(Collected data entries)
= = =

-- ===== src/Crdt/ServiceApply/Laws.antt =====
-- What publishing and unpublishing do to the book, the tombstones and the lost names.
use lightning_mesh.Prelude.{false, none, some, ◌≡◌, ◌≢◌, ◌⊎◌, inl, inr, arith, lt, gt}
use lightning_mesh.Order.{Text, text_cmp-IsTotalOrder, text_ord}
use lightning_mesh.Book.{get, insert, get-insert, get-insert_self, get-remove}
use lightning_mesh.Crdt.Hlc.{Hlc, hlc_cmp, hlc_cmp-IsTotalOrder}
use lightning_mesh.Crdt.Entries.{
  ServiceEntryV2, ServiceBookV2, ServiceTombstone, ServiceTombstoneBook, LostName, LostNameMap,
}
use lightning_mesh.Crdt.Merge.{
  conflict, ok, is_reserved_service_name, merge_service_v2, resolve_service_conflict_v2,
}
use lightning_mesh.Crdt.ServiceApply.{
  merged, revived, rejected_by_tombstone, ignored_not_owner, apply_service_publish_v2,
  apply_service_publish_v2_tracking_loss, lost_to_peer, publish_service_v2,
  apply_service_unpublish_v2,
}

-- The verdict on two services of different owners does not depend on which of them is local.
pub resolve_service_conflict_v2_symm :
    (a b : ServiceEntryV2)
    → a.owner_node_id ≢ b.owner_node_id
    → resolve_service_conflict_v2 a b ≡ resolve_service_conflict_v2 b a
unfolding resolve_service_conflict_v2
resolve_service_conflict_v2_symm a b ne = ground (
  arith,
  hlc_cmp-IsTotalOrder.same_of_eq a.first_claimed_at b.first_claimed_at,
  hlc_cmp-IsTotalOrder.below_of_gt a.first_claimed_at b.first_claimed_at,
  hlc_cmp-IsTotalOrder.above_of_lt a.first_claimed_at b.first_claimed_at,
  hlc_cmp-IsTotalOrder.cmp_self a.first_claimed_at,
  text_cmp-IsTotalOrder.same_of_eq a.owner_node_id b.owner_node_id,
  text_cmp-IsTotalOrder.below_of_gt a.owner_node_id b.owner_node_id,
  text_cmp-IsTotalOrder.above_of_lt a.owner_node_id b.owner_node_id,
)

-- An owner unpublishes its live service at a stamp. A publish of the name that comes next brings
-- the service back if it is the owner's and bears a newer stamp; any other publish is rejected and
-- the name stays vacant.
pub publish-unpublish :
    (book : ServiceBookV2) (tombstones : ServiceTombstoneBook) (name : Text) (at : Hlc)
    (live incoming : ServiceEntryV2)
    → get book name ≡ some live
    → let (book', tombstones', _) =
        apply_service_unpublish_v2 book tombstones name live.owner_node_id at in
      (incoming.owner_node_id ≡ live.owner_node_id
        → hlc_cmp incoming.updated_at at ≡ gt
        → apply_service_publish_v2 book' tombstones' name incoming
          ≡ ok (insert book' name incoming, revived))
      × ((incoming.owner_node_id ≢ live.owner_node_id) ⊎ (hlc_cmp incoming.updated_at at ≢ gt)
          → (apply_service_publish_v2 book' tombstones' name incoming
              ≡ ok (book', rejected_by_tombstone))
            × (get book' name ≡ none))
unfolding apply_service_unpublish_v2 apply_service_publish_v2
publish-unpublish book tombstones name at live incoming held = (
  λ same newer. ground (
    arith,
    text_cmp-IsTotalOrder.cmp_self live.owner_node_id,
    text_cmp-IsTotalOrder.cmp_self name,
    get-remove book name name,
    get-insert tombstones name name (record { owner_node_id = live.owner_node_id; hlc = at }),
  ),
  λ barred. ground (
    arith,
    text_cmp-IsTotalOrder.cmp_self live.owner_node_id,
    text_cmp-IsTotalOrder.cmp_self name,
    text_cmp-IsTotalOrder.same_of_eq incoming.owner_node_id live.owner_node_id,
    get-remove book name name,
    get-insert tombstones name name (record { owner_node_id = live.owner_node_id; hlc = at }),
  ),
)

-- A message to unpublish changes nothing where another node owns the live service, or, at a vacant
-- name, the tombstone.
pub unpublish_not_owner :
    (book : ServiceBookV2) (tombstones : ServiceTombstoneBook) (name owner : Text) (at : Hlc)
    → ((live : ServiceEntryV2) × (get book name ≡ some live) × (live.owner_node_id ≢ owner))
      ⊎ ((t : ServiceTombstone) × (get book name ≡ none)
          × (get tombstones name ≡ some t)
          × (t.owner_node_id ≢ owner))
    → apply_service_unpublish_v2 book tombstones name owner at
      ≡ (book, tombstones, ignored_not_owner)
unfolding apply_service_unpublish_v2
unpublish_not_owner book tombstones name owner at (inl (live, held, ne)) =
    ground (arith, text_cmp-IsTotalOrder.same_of_eq live.owner_node_id owner)
unpublish_not_owner book tombstones name owner at (inr (t, vacant, grave, ne)) =
    ground (arith, text_cmp-IsTotalOrder.same_of_eq t.owner_node_id owner)

-- Where this node holds a name that is not reserved and a peer's earlier claim on it arrives, the peer's entry takes
-- the name, and a local publish of the name that comes next fails and names the peer.
pub publish-after_loss :
    (book : ServiceBookV2) (tombstones : ServiceTombstoneBook) (lost : LostNameMap) (name : Text)
    (ours theirs again : ServiceEntryV2)
    → is_reserved_service_name name ≡ false
    → get book name ≡ some ours
    → ours.owner_node_id ≢ theirs.owner_node_id
    → hlc_cmp theirs.first_claimed_at ours.first_claimed_at ≡ lt
    → (book' : ServiceBookV2) × (lost' : LostNameMap) × (apply_service_publish_v2_tracking_loss book
          tombstones lost ours.owner_node_id name theirs
        ≡ ok (book', lost', merged (conflict theirs ours)))
      × (get book' name ≡ some theirs)
      × (publish_service_v2 book' tombstones lost' ours.owner_node_id name again
          ≡ lost_to_peer theirs.owner_node_id)
unfolding apply_service_publish_v2_tracking_loss apply_service_publish_v2 merge_service_v2
    publish_service_v2
publish-after_loss book tombstones lost name ours theirs again free held ne earlier =
    let entry : LostName = record {
      winner_node_id = theirs.owner_node_id;
      hlc = theirs.first_claimed_at;
    } in
    (
      insert book name theirs,
      insert lost name entry,
      ground (
        arith,
        text_cmp-IsTotalOrder.same_of_eq ours.owner_node_id theirs.owner_node_id,
        text_cmp-IsTotalOrder.cmp_self ours.owner_node_id,
        hlc_cmp-IsTotalOrder.above_of_lt theirs.first_claimed_at ours.first_claimed_at,
      ),
      get-insert_self book name theirs,
      ground (arith, get-insert_self lost name entry),
    )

= = =

Nothing in the records may be dropped; reproduce them exactly.

-- ===== src/Crdt/ServiceApply/Laws.antt =====
-- What publishing and unpublishing do to the book, the tombstones and the lost names.
use lightning_mesh.Prelude.{false, none, some, ◌≡◌, ◌≢◌, ◌⊎◌, inl, inr, arith, lt, gt}
use lightning_mesh.Order.{Text, text_cmp-IsTotalOrder, text_ord}
use lightning_mesh.Book.{get, insert, get-insert, get-insert_self, get-remove}
use lightning_mesh.Crdt.Hlc.{Hlc, hlc_cmp, hlc_cmp-IsTotalOrder}
use lightning_mesh.Crdt.Entries.{
  ServiceEntryV2, ServiceBookV2, ServiceTombstone, ServiceTombstoneBook, LostName, LostNameMap,
}
use lightning_mesh.Crdt.Merge.{
  conflict, ok, is_reserved_service_name, merge_service_v2, resolve_service_conflict_v2,
}
use lightning_mesh.Crdt.ServiceApply.{
  merged, revived, rejected_by_tombstone, ignored_not_owner, apply_service_publish_v2,
  apply_service_publish_v2_tracking_loss, lost_to_peer, publish_service_v2,
  apply_service_unpublish_v2,
}

-- The verdict on two services of different owners does not depend on which of them is local.
pub resolve_service_conflict_v2_symm :
    (a b : ServiceEntryV2)
    → a.owner_node_id ≢ b.owner_node_id
    → resolve_service_conflict_v2 a b ≡ resolve_service_conflict_v2 b a
unfolding resolve_service_conflict_v2
resolve_service_conflict_v2_symm a b ne = ground (
  arith,
  hlc_cmp-IsTotalOrder.same_of_eq a.first_claimed_at b.first_claimed_at,
  hlc_cmp-IsTotalOrder.below_of_gt a.first_claimed_at b.first_claimed_at,
  hlc_cmp-IsTotalOrder.above_of_lt a.first_claimed_at b.first_claimed_at,
  hlc_cmp-IsTotalOrder.cmp_self a.first_claimed_at,
  text_cmp-IsTotalOrder.same_of_eq a.owner_node_id b.owner_node_id,
  text_cmp-IsTotalOrder.below_of_gt a.owner_node_id b.owner_node_id,
  text_cmp-IsTotalOrder.above_of_lt a.owner_node_id b.owner_node_id,
)

-- An owner unpublishes its live service at a stamp. A publish of the name that comes next brings
-- the service back if it is the owner's and bears a newer stamp; any other publish is rejected and
-- the name stays vacant.
pub publish-unpublish :
    (book : ServiceBookV2) (tombstones : ServiceTombstoneBook) (name : Text) (at : Hlc)
    (live incoming : ServiceEntryV2)
    → get book name ≡ some live
    → let (book', tombstones', _) =
        apply_service_unpublish_v2 book tombstones name live.owner_node_id at in
      (incoming.owner_node_id ≡ live.owner_node_id
        → hlc_cmp incoming.updated_at at ≡ gt
        → apply_service_publish_v2 book' tombstones' name incoming
          ≡ ok (insert book' name incoming, revived))
      × ((incoming.owner_node_id ≢ live.owner_node_id) ⊎ (hlc_cmp incoming.updated_at at ≢ gt)
          → (apply_service_publish_v2 book' tombstones' name incoming
              ≡ ok (book', rejected_by_tombstone))
            × (get book' name ≡ none))
unfolding apply_service_unpublish_v2 apply_service_publish_v2
publish-unpublish book tombstones name at live incoming held = (
  λ same newer. ground (
    arith,
    text_cmp-IsTotalOrder.cmp_self live.owner_node_id,
    text_cmp-IsTotalOrder.cmp_self name,
    get-remove book name name,
    get-insert tombstones name name (record { owner_node_id = live.owner_node_id; hlc = at }),
  ),
  λ barred. ground (
    arith,
    text_cmp-IsTotalOrder.cmp_self live.owner_node_id,
    text_cmp-IsTotalOrder.cmp_self name,
    text_cmp-IsTotalOrder.same_of_eq incoming.owner_node_id live.owner_node_id,
    get-remove book name name,
    get-insert tombstones name name (record { owner_node_id = live.owner_node_id; hlc = at }),
  ),
)

-- A message to unpublish changes nothing where another node owns the live service, or, at a vacant
-- name, the tombstone.
pub unpublish_not_owner :
    (book : ServiceBookV2) (tombstones : ServiceTombstoneBook) (name owner : Text) (at : Hlc)
    → ((live : ServiceEntryV2) × (get book name ≡ some live) × (live.owner_node_id ≢ owner))
      ⊎ ((t : ServiceTombstone) × (get book name ≡ none)
          × (get tombstones name ≡ some t)
          × (t.owner_node_id ≢ owner))
    → apply_service_unpublish_v2 book tombstones name owner at
      ≡ (book, tombstones, ignored_not_owner)
unfolding apply_service_unpublish_v2
unpublish_not_owner book tombstones name owner at (inl (live, held, ne)) =
    ground (arith, text_cmp-IsTotalOrder.same_of_eq live.owner_node_id owner)
unpublish_not_owner book tombstones name owner at (inr (t, vacant, grave, ne)) =
    ground (arith, text_cmp-IsTotalOrder.same_of_eq t.owner_node_id owner)

-- Where this node holds a name that is not reserved and a peer's earlier claim on it arrives, the peer's entry takes
-- the name, and a local publish of the name that comes next fails and names the peer.
pub publish-after_loss :
    (book : ServiceBookV2) (tombstones : ServiceTombstoneBook) (lost : LostNameMap) (name : Text)
    (ours theirs again : ServiceEntryV2)
    → is_reserved_service_name name ≡ false
    → get book name ≡ some ours
    → ours.owner_node_id ≢ theirs.owner_node_id
    → hlc_cmp theirs.first_claimed_at ours.first_claimed_at ≡ lt
    → (book' : ServiceBookV2) × (lost' : LostNameMap) × (apply_service_publish_v2_tracking_loss book
          tombstones lost ours.owner_node_id name theirs
        ≡ ok (book', lost', merged (conflict theirs ours)))
      × (get book' name ≡ some theirs)
      × (publish_service_v2 book' tombstones lost' ours.owner_node_id name again
          ≡ lost_to_peer theirs.owner_node_id)
unfolding apply_service_publish_v2_tracking_loss apply_service_publish_v2 merge_service_v2
    publish_service_v2
publish-after_loss book tombstones lost name ours theirs again free held ne earlier =
    let entry : LostName = record {
      winner_node_id = theirs.owner_node_id;
      hlc = theirs.first_claimed_at;
    } in
    (
      insert book name theirs,
      insert lost name entry,
      ground (
        arith,
        text_cmp-IsTotalOrder.same_of_eq ours.owner_node_id theirs.owner_node_id,
        text_cmp-IsTotalOrder.cmp_self ours.owner_node_id,
        hlc_cmp-IsTotalOrder.above_of_lt theirs.first_claimed_at ours.first_claimed_at,
      ),
      get-insert_self book name theirs,
      ground (arith, get-insert_self lost name entry),
    )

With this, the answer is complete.